Transit systems have had to bear much of the burden for these policy failures. As public and semi-public spaces, public transit has become a refuge of last resort for many, representing a space that is out of the elements, safer than shelters and streets, and a place to panhandle. This places a significant burden on other passengers and the systems themselves. Our municipal leaders must do their jobs in order to allow transit agencies to focus on theirs – getting trains and buses out the door every morning.
A different world is possible
A growing number of systems are turning away from police centered strategies. They are looking to civilian ambassadors, wayfinders, and outreach workers. Just last year, New York placed many of their station agents outside their hermetically sealed token booths to more easily interact with passengers. But these agents have limited training in dealing with those in crisis and quickly turn to police to fill the gap. More needs to be done to create a workforce capable of both offering directions, being responsible eyes and ears, and offering assistance to those in crisis.
Some cities have created new ambassador programs as an alternative to policing to create a safer riding experience for all. Los Angeles approved its new Metro Ambassadors program in 2021 in response to demands for non-police safety strategies. They are currently hiring 300 people to work in the bus and subway systems to help riders navigate the system and to connect people in distress with services. California’s BART system has had ambassadors since 2021. These workers focus specifically on passengers in crisis and have extensive outreach training. Portland’s TriMet system is also ramping up non-police crisis intervention teams to connect people with essential services. In Chicago, community based “violence interrupters” have been riding trains at times to try to stem the violence, calling for a more concerted effort to be funded by the transit system or city government.
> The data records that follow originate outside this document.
-- ===== src/Exchange/Overflow.antt =====
-- Where a session ends: the int in an echo grows until the handler's sum overflows.
use packet_distribution_syst.Prelude.{
  ℕ, zero, suc, ◌+◌, ◌≡◌, refl, ap, ◌∙◌, sym, none, some, arith, ◌⊎◌, inl, inr, pos,
}
use packet_distribution_syst.Archive.{◌>>=◌}
use packet_distribution_syst.Text.{to_string}
use packet_distribution_syst.Packets.Crypto.{Crypto, IsKeyAgreement, IsKeyPair}
use packet_distribution_syst.Session.Echo.{process_echo, undefined, int_max}
use packet_distribution_syst.Session.Conversation.{process_echo_max}
use packet_distribution_syst.Server.Encryption.{Draws}
use packet_distribution_syst.Exchange.{
  Network, Side, at_server, at_client, step, run_network, connected_network, calls_of, perform,
  receive, server_handlers, client_handlers,
}
use packet_distribution_syst.Exchange.Phases.{Phase, network_of, secured}
use packet_distribution_syst.Exchange.Refinement.{server_turn, client_turn}
use packet_distribution_syst.Exchange.Schedule.{
  Schedule, IsFair, turns, holder, phase_at, IsEchoing, to_server, to_client, phase_at-IsEchoing,
}
use packet_distribution_syst.Exchange.Liveness.{IsSecured, echoing, run_then, moves_reached}

calls_of-process_echo_max :
    (k : ℕ)
    → k ≡ 0x7fff_ffff
    → calls_of (process_echo (record { echo_message = to_string (pos k) })) ≡ none
unfolding calls_of
calls_of-process_echo_max k e =
    ap (λ j. calls_of (process_echo (record { echo_message = to_string (pos j) }))) e
    ∙ ap calls_of process_echo_max

module _ (C : Crypto) (signer : C.Signer) (verifier : C.Verifier) (dh : C.DiffieHellmanHelper)
    (draws : Draws C.DiffieHellmanHelper) where
  -- The largest int is answered by an overflow.
  step_max :
      {phase : Phase} {k : ℕ}
      → IsEchoing phase k
      → k ≡ 0x7fff_ffff
      → step C signer verifier dh draws (holder phase) (network_of C signer verifier dh draws phase)
        ≡ none
  unfolding step receive server_handlers client_handlers perform network_of holder
  step_max {k} to_server e =
      ap (server_turn (secured C signer verifier dh draws)) (calls_of-process_echo_max k e)
  step_max {k} to_client e =
      ap (client_turn (secured C signer verifier dh draws)) (calls_of-process_echo_max k e)

  -- A turn of the other end does nothing.
  step_idle :
      {phase : Phase} {k : ℕ}
      → IsEchoing phase k
      → (side : Side)
      → (holder phase ≡ side)
        ⊎ (step C signer verifier dh draws side (network_of C signer verifier dh draws phase)
            ≡ some (network_of C signer verifier dh draws phase))
  unfolding step receive network_of holder
  step_idle to_server at_server = inl refl
  step_idle to_server at_client = inr refl
  step_idle to_client at_server = inr refl
  step_idle to_client at_client = inl refl

  abbrev network : Phase → Network
  network = network_of C signer verifier dh draws

  -- The turns of the other end are idle, and then the holder's fails.
  fails_within :
      (schedule : Schedule) {phase : Phase} {k : ℕ}
      → IsEchoing phase k
      → k ≡ 0x7fff_ffff
      → (d i : ℕ) → schedule (i + d) ≡ holder phase
      → (n : ℕ) × (run_network C signer verifier dh draws (turns schedule i n) (network phase)
          ≡ some (network phase))
        × (step C signer verifier dh draws (schedule (i + n)) (network phase) ≡ none)
  unfolding run_network turns
  fails_within schedule {phase} echoing m zero i e =
      let turn = λ (side : Side). step C signer verifier dh draws side (network phase) in
      (0, refl, ap turn e ∙ step_max echoing m)
  fails_within schedule {phase} echoing m (suc d) i e =
      let turn = λ (side : Side). step C signer verifier dh draws side (network phase) in
      elim (step_idle echoing (schedule i)) [
        | inl held ↦ (0, refl, ap turn (ap schedule (omega arith) ∙ sym held) ∙ step_max echoing m)
        | inr idle ↦
            let (n, stayed, failed) =
              fails_within schedule echoing m d (suc i) (ap schedule (omega arith) ∙ e) in
            (
              suc n,
              ap
                    (λ o. o >>= λ q.
                      run_network C signer verifier dh draws (turns schedule (suc i) n) q)
                    idle
                  ∙ stayed,
              ap (λ j. turn (schedule j)) (omega arith) ∙ failed,
            )
      ]

module _ (C : Crypto) (signer : C.Signer) (verifier : C.Verifier) (agreement : IsKeyAgreement C)
    (keys : IsKeyPair C signer verifier) (dh : C.DiffieHellmanHelper)
    (draws : Draws C.DiffieHellmanHelper) where
  overflows_at :
      (schedule : Schedule)
      → IsFair schedule
      → (k : ℕ) → k ≡ 0x7fff_ffff
      → (n : ℕ) × (m : Network) × (run_network C signer verifier dh draws
            (turns schedule 0 n)
            (connected_network C signer verifier dh draws)
          ≡ some m)
        × IsSecured C signer verifier dh draws m k
        × (step C signer verifier dh draws (schedule n) m ≡ none)
  unfolding network_of
  overflows_at schedule fair k e =
      let phase = phase_at (suc (suc k)) in
      let (n, reached) =
        moves_reached C signer verifier agreement keys dh draws schedule fair (suc (suc k))
          (omega arith) in
      let echoes = phase_at-IsEchoing k in
      let (d, turn) = fair (0 + n) (holder phase) in
      let (m, stayed, failed) =
        fails_within C signer verifier dh draws schedule echoes e d (0 + n) turn in
      (
        n + m,
        network C signer verifier dh draws phase,
        run_then C signer verifier agreement keys dh draws schedule 0 n m _ _ reached stayed,
        echoing C signer verifier agreement keys dh draws echoes,
        ap
              (λ j.
                step C signer verifier dh draws (schedule j)
                  (network C signer verifier dh draws phase))
              (omega arith)
            ∙ failed,
      )

  -- With matching keys, along every order of turns in which each end has a turn again and again, the
  -- session comes to where the one packet under way is an echo of the largest int, for which
  -- process_echo overflows, and the next turn is that of the handler, which does not return.
  pub run_network_overflows :
      (schedule : Schedule)
      → IsFair schedule
      → (n : ℕ) × (m : Network) × (run_network C signer verifier dh draws
            (turns schedule 0 n)
            (connected_network C signer verifier dh draws)
          ≡ some m)
        × IsSecured C signer verifier dh draws m 0x7fff_ffff
        × (step C signer verifier dh draws (schedule n) m ≡ none)
        × (process_echo (record { echo_message = to_string int_max }) ≡ undefined)
  run_network_overflows schedule fair =
      let (n, m, ran, secured, failed) = overflows_at schedule fair 0x7fff_ffff refl in
      (n, m, ran, secured, failed, process_echo_max)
But so long as city leaders abdicate their responsibility to care for all their residents, there is a limit to what transit systems can do on their own. Without adequate housing and mental health services in the community, even well-trained outreach workers have limited options. Transit systems need to join the chorus of people demanding that cities provide adequate services. Even the best trained and qualified civilian staff can only do so much if there are no services available to help people in crisis. At best agencies can try to stabilize individuals living in transit systems and reduce their impact on other riders.
Alex Vitale is a sociology professor at Brooklyn College.